--- Exercise data ---

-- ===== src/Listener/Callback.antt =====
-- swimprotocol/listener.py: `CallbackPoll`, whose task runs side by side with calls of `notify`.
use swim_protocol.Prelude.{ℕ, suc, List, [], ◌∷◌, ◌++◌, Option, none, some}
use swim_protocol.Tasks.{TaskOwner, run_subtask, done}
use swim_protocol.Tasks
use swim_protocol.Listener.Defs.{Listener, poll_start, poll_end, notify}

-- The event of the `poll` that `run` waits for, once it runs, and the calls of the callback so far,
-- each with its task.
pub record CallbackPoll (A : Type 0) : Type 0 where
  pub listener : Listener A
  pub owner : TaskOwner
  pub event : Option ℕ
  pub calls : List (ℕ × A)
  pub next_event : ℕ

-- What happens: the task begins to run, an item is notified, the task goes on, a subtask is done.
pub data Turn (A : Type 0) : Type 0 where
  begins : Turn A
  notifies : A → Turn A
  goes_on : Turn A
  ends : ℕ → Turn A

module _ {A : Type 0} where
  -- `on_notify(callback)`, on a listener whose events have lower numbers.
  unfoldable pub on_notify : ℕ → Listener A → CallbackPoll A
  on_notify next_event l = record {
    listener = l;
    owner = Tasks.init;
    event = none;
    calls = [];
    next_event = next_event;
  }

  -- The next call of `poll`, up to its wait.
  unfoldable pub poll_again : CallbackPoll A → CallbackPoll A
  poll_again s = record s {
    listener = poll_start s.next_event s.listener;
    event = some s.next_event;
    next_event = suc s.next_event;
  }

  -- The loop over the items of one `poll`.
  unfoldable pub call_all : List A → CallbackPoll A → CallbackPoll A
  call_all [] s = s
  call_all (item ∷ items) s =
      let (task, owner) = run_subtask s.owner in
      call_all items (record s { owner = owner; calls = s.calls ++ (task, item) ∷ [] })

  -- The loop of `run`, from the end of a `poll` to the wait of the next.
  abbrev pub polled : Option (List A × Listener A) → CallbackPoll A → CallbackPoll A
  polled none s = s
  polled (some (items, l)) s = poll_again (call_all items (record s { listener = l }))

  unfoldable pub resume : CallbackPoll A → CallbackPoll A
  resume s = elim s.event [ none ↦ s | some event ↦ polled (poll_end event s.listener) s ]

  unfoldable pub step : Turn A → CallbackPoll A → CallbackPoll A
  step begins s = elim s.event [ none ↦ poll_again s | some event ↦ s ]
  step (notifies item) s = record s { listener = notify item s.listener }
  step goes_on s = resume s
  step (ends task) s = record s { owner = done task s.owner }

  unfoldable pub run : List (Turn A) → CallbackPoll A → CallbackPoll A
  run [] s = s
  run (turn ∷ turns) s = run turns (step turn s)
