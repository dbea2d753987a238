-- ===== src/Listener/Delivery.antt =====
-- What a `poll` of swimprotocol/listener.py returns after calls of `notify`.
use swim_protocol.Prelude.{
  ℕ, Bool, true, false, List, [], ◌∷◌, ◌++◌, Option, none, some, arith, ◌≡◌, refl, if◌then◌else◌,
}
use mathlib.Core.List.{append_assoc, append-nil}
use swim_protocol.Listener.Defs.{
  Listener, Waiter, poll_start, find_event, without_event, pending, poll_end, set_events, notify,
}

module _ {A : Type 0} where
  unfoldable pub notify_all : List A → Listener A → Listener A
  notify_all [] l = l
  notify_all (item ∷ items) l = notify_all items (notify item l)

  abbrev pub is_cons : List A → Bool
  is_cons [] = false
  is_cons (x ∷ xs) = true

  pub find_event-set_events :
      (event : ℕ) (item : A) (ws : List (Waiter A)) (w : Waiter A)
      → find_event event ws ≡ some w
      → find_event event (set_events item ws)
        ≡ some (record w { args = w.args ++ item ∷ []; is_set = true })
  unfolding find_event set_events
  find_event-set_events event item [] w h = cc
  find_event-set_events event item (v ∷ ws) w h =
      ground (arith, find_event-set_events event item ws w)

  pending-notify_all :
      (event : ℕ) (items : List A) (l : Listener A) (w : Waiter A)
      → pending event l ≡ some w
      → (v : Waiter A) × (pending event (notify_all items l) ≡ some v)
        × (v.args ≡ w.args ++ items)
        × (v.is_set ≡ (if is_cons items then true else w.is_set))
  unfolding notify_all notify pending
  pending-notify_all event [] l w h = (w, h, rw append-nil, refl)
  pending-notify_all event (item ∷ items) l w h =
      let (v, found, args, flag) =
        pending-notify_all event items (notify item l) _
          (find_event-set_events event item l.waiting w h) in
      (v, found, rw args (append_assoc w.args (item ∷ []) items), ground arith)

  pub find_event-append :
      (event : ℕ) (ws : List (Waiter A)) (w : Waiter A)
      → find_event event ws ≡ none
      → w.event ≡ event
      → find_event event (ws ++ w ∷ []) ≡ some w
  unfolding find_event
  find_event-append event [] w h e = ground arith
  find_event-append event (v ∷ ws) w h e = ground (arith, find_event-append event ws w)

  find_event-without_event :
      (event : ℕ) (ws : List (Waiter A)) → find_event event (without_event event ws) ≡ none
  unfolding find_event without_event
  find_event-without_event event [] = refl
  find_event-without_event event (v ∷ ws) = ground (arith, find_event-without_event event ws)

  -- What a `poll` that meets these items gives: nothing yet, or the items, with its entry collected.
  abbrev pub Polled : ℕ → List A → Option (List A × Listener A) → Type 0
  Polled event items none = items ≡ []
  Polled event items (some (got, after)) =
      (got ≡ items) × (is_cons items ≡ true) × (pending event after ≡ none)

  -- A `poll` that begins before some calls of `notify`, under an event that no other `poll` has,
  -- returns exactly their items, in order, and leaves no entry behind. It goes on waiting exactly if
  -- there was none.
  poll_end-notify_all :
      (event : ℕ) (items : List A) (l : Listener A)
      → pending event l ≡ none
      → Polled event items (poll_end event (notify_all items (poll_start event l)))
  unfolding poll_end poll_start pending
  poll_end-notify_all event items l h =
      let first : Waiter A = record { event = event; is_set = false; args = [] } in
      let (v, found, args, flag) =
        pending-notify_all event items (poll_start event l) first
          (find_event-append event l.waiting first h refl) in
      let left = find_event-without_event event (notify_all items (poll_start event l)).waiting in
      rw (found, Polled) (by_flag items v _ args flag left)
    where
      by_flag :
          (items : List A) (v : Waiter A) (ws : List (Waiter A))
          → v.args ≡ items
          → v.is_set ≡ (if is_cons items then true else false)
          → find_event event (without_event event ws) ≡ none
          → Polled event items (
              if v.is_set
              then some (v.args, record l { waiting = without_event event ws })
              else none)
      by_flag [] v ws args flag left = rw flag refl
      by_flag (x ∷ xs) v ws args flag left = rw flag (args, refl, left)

---

Task objective: Begin with the line that contains "unfolding poll_end poll_start pending" and end with the last line of the records; set down every line in that span exactly, and nothing else.

Solution to this problem:
  unfolding poll_end poll_start pending
  poll_end-notify_all event items l h =
      let first : Waiter A = record { event = event; is_set = false; args = [] } in
      let (v, found, args, flag) =
        pending-notify_all event items (poll_start event l) first
          (find_event-append event l.waiting first h refl) in
      let left = find_event-without_event event (notify_all items (poll_start event l)).waiting in
      rw (found, Polled) (by_flag items v _ args flag left)
    where
      by_flag :
          (items : List A) (v : Waiter A) (ws : List (Waiter A))
          → v.args ≡ items
          → v.is_set ≡ (if is_cons items then true else false)
          → find_event event (without_event event ws) ≡ none
          → Polled event items (
              if v.is_set
              then some (v.args, record l { waiting = without_event event ws })
              else none)
      by_flag [] v ws args flag left = rw flag refl
      by_flag (x ∷ xs) v ws args flag left = rw flag (args, refl, left)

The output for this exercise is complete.